Scientists collect samples from boulders in Greenland. These samples contain chemical isotopes that can help scientists determine the ancient boundaries of the ice sheet.Jason Briner/University at Buffalo
“We built an extremely detailed geologic history of how the margin of the southwestern Greenland Ice Sheet moved through time by measuring beryllium-10 in boulders that sit on moraines,” says co-author Nicolás Young, associate research professor at Columbia University’s Lamont-Doherty Earth Observatory. “Moraines are large piles of debris that you can find on the landscape that mark the former edge of an ice sheet or glacier. A beryllium-10 measurement tells you how long that boulder and moraine have been sitting there, and therefore tells you when the ice sheet was at that exact spot and deposited that boulder.
“I think this is the first time that the current health of the Greenland Ice Sheet has been robustly placed into a long-term context,” Young said.
Despite the alarming results, one vital takeaway from the model’s future projections is that it’s still possible for people and countries around the world to make an important difference by cutting emissions, Briner said. Models of various scenarios yield very different results, with high-emission scenarios producing massive declines in the ice sheet’s health, and significant sea level rise.

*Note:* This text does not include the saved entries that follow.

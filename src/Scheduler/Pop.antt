-- ===== src/Scheduler/Pop.antt =====
-- `task_queue_pop` and `task_queue_try_pop` of src/scheduler.c against the specification.
use thread_management_librar.Base.{
  ℕ, ◌≡◌, ◌≢◌, refl, true, false, inl, inr, not, ◌&&◌, none, some, List, [], ◌∷◌, arith, ◌==◌, ltb,
  if◌then◌else◌, dec_size, Bool-cases, if-true, if-false, sym,
}
use thread_management_librar.Scheduler.Store.{
  Ptr, null, Task, TaskQueue, Store, ◌>>=◌, Signal, write, free, signal_not_full,
}
use thread_management_librar.Scheduler.Commands.{load-some, free-some, not_null}
use thread_management_librar.Scheduler.Queue.{
  PopCall, pop_returned, pop_waits, success, failure, take_head, pop_loop, task_queue_pop,
  task_queue_try_pop,
}
use thread_management_librar.Scheduler.Chain.{
  Cells, has, first, last, IsQueue, Chain-write, write_other,
}
use thread_management_librar.Scheduler.Fifo
use thread_management_librar.Scheduler.Fifo.{Fifo, Taken, took, closed, empty}
use thread_management_librar.Scheduler.Push.{view}

-- What `task_queue_pop` returns, and what `task_queue_try_pop` returns.
abbrev pub pop_call : Taken → PopCall
pop_call (took t) = pop_returned success (some (t.func, t.arg))
pop_call closed = pop_returned failure none
pop_call empty = pop_waits

abbrev pub try_call : Taken → PopCall
try_call (took t) = pop_returned success (some (t.func, t.arg))
try_call closed = pop_returned failure none
try_call empty = pop_returned failure none

-- A producer is signalled if a task was taken from a bounded queue.
abbrev pub made_room : Taken → ℕ → List Signal → List Signal
made_room (took t) capacity l = if ltb 0 capacity then signal_not_full ∷ l else l
made_room closed capacity l = l
made_room empty capacity l = l

pub record Popped (call : Taken → PopCall) (s : Store) (cs : Cells) (out : PopCall) (s' : Store)
    : Type 0 where
  pub after : Cells
  pub result : out ≡ call (Fifo.pop (view s cs)).0
  pub agrees : view s' after ≡ (Fifo.pop (view s cs)).1
  pub valid : IsQueue s' after
  pub woke : s'.signals ≡ made_room (Fifo.pop (view s cs)).0 s.queue.capacity s.signals
  pub released : (a : Ptr) → has a cs ≡ true → has a after ≡ false → s'.node a ≡ none
  pub untouched : (a : Ptr) → has a cs ≡ false → s'.node a ≡ s.node a

new_tail :
    (s : Store) (c : Ptr × Task) (cs : Cells)
    → IsQueue s (c ∷ cs)
    → (if first cs == null then null else s.queue.tail) ≡ last cs
new_tail s c [] q = refl
new_tail s c (d ∷ cs) q = rw (if-false _ _ _ (not_null _ q.chain.3.0)) q.tail

module _ (call : Taken → PopCall) {s : Store} (c : Ptr × Task) (cs : Cells) (q : IsQueue s (c ∷ cs))
    (taking : (t : Task) → call (took t) ≡ pop_returned success (some (t.func, t.arg))) where
  ne : s.queue.head ≢ null
  ne = rw q.head q.chain.0

  at : s.node s.queue.head ≡ some (record { task = c.1; next = first cs })
  at = rw q.head q.chain.1

  abbrev taken : TaskQueue
  taken = record s.queue {
    head = first cs;
    tail = if first cs == null then null else s.queue.tail;
    count = dec_size s.queue.count;
  }

  abbrev popped : Store
  popped = record {
    node = write s.node s.queue.head none;
    queue = taken;
    signals = made_room (took c.1) s.queue.capacity s.signals;
  }

  take_head-some : take_head s ≡ some (pop_returned success (some (c.1.func, c.1.arg)), popped)
  unfolding take_head
  take_head-some = elim (Bool-cases (ltb 0 s.queue.capacity)) [
    | inl bounded ↦ rw (
      load-some s _ ne at,
      if-true _ _ _ bounded,
      if-true _ _ _ bounded,
      free-some (record s { queue = taken; signals = signal_not_full ∷ s.signals }) _ ne at,
      ◌>>=◌,
    )
    | inr free ↦ rw (
      load-some s _ ne at,
      if-false _ _ _ free,
      if-false _ _ _ free,
      free-some (record s { queue = taken }) _ ne at,
      ◌>>=◌,
    )
  ]

  take_head-Popped : Popped call s (c ∷ cs) (pop_returned success (some (c.1.func, c.1.arg))) popped
  unfolding Fifo.pop
  take_head-Popped = record {
    after = cs;
    result = sym (taking c.1);
    agrees = refl;
    valid = record {
      chain = Chain-write s.node s.queue.head none cs (rw q.head q.chain.2) q.chain.3;
      head = refl;
      tail = new_tail s c cs q;
      counted = omega (arith, q.counted, q.fits);
      fits = omega (arith, q.fits);
    };
    woke = refl;
    released = λ a here gone. ground (arith, q.head);
    untouched = λ a o. write_other s.node a _ none (rw q.head (ground arith));
  }

-- A pop that finds the queue empty leaves everything as it is.
Popped-nil :
    (call : Taken → PopCall) (s : Store)
    → IsQueue s []
    → Popped call s [] (call (if s.queue.shutdown then closed else empty)) s
unfolding Fifo.pop
Popped-nil call s q = record {
  after = [];
  result = refl;
  agrees = refl;
  valid = q;
  woke = ground arith;
  released = λ a here gone. cc;
  untouched = λ a o. refl;
}

module _ (s : Store) (none_left : s.queue.count ≡ 0) where
  is_empty : (s.queue.count == 0) ≡ true
  is_empty = ground arith

  pop_loop-nil : pop_loop s ≡ some (pop_call (if s.queue.shutdown then closed else empty), s)
  unfolding pop_loop
  pop_loop-nil = elim (Bool-cases s.queue.shutdown) [
    | inl down ↦
        let stay : (s.queue.count == 0 && not s.queue.shutdown) ≡ false = ground arith in
        let leave : (s.queue.count == 0 && s.queue.shutdown) ≡ true = ground arith in
        rw (if-false _ _ _ stay, if-true _ _ _ leave, if-true _ _ _ down)
    | inr up ↦
        let stay : (s.queue.count == 0 && not s.queue.shutdown) ≡ true = ground arith in
        rw (if-true _ _ _ stay, if-false _ _ _ up)
  ]

  try_result : try_call (if s.queue.shutdown then closed else empty) ≡ pop_returned failure none
  try_result = ground arith

-- The loop of a pop, from the call or from a wake-up.
pub pop_loop-Popped :
    (s : Store) (cs : Cells)
    → IsQueue s cs
    → (r : PopCall) × (s' : Store) × (pop_loop s ≡ some (r, s')) × Popped pop_call s cs r s'
unfolding pop_loop
pop_loop-Popped s [] q = (
  pop_call (if s.queue.shutdown then closed else empty),
  s,
  pop_loop-nil s q.counted,
  Popped-nil pop_call s q,
)
pop_loop-Popped s (c ∷ cs) q =
    let busy : (s.queue.count == 0) ≡ false = ground (arith, q.counted) in
    (
      _,
      _,
      rw busy (take_head-some pop_call c cs q (λ t. refl)),
      take_head-Popped pop_call c cs q (λ t. refl),
    )

-- `task_queue_pop` with valid arguments does what the queue promises, also after the shutdown: it
-- takes the oldest task, writes it to the two outputs and frees its node; on an empty queue it waits,
-- or returns -1 once the queue is shut down. The queue stays well formed, a producer is signalled
-- exactly if a task left a bounded queue, and no other node changes.
pub task_queue_pop-Popped :
    (s : Store) (cs : Cells) (queue out_func out_arg : Ptr)
    → IsQueue s cs
    → queue ≢ null
    → out_func ≢ null
    → out_arg ≢ null
    → (r : PopCall) × (s' : Store) × (task_queue_pop queue out_func out_arg s ≡ some (r, s'))
      × Popped pop_call s cs r s'
unfolding task_queue_pop
task_queue_pop-Popped s cs queue out_func out_arg q nq nf na =
    let (r, s', ran, done) = pop_loop-Popped s cs q in
    (r, s', rw (not_null _ nq, not_null _ nf, not_null _ na) ran, done)

-- `task_queue_try_pop` does the same where a task is there, and returns -1 at once on an empty queue.
pub task_queue_try_pop-Popped :
    (s : Store) (cs : Cells) (queue out_func out_arg : Ptr)
    → IsQueue s cs
    → queue ≢ null
    → out_func ≢ null
    → out_arg ≢ null
    → (r : PopCall) × (s' : Store) × (task_queue_try_pop queue out_func out_arg s ≡ some (r, s'))
      × Popped try_call s cs r s'
unfolding task_queue_try_pop
task_queue_try_pop-Popped s [] queue out_func out_arg q nq nf na = (
  try_call (if s.queue.shutdown then closed else empty),
  s,
  rw (
    not_null _ nq,
    not_null _ nf,
    not_null _ na,
    if-true _ _ _ (is_empty s q.counted),
    try_result s q.counted,
  ),
  Popped-nil try_call s q,
)
task_queue_try_pop-Popped s (c ∷ cs) queue out_func out_arg q nq nf na =
    let busy : (s.queue.count == 0) ≡ false = ground (arith, q.counted) in
    (
      _,
      _,
      rw (not_null _ nq, not_null _ nf, not_null _ na, if-false _ _ _ busy)
          (take_head-some try_call c cs q (λ t. refl)),
      take_head-Popped try_call c cs q (λ t. refl),
    )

“This study shows that future ice loss is likely to be larger than anything that the ice sheet experienced in the Holocene – unless we follow a low-carbon emission scenario in the future,” Badgeley said.
The study modeled ice loss in southwestern Greenland over the past 12,000 years. Looking forward to 2100, blue dots show the estimated ice loss with deep cuts to carbon emissions, while the red dots show the ice loss with high carbon emissions through 2100.Bob Wilder/University at Buffalo
Other co-authors are Alia Lesnek, Elizabeth Thomas, Allison Cluett, Beata Csatho and Sophie Nowicki from the University at Buffalo; Joshua Cuzzone, who has joint appointments at the University of California, Irvine and NASA; Joerg Schaefer from LDEO; Mathieu Morlighem from the University of California, Irvine; Nicole-Jeanne Schlegel and Eric Larour from NASA; Jesse Johnson and Jacob Downs from the University of Montana; Estelle Allan and Anne de Vernal from the Université du Québec à Montréal; and Ole Bennike from the Geological Survey of Denmark and Greenland.
In addition to the NSF, the research received support from the Natural Sciences and Engineering Research Council of Canada, Fonds de recherche du Québec and NASA.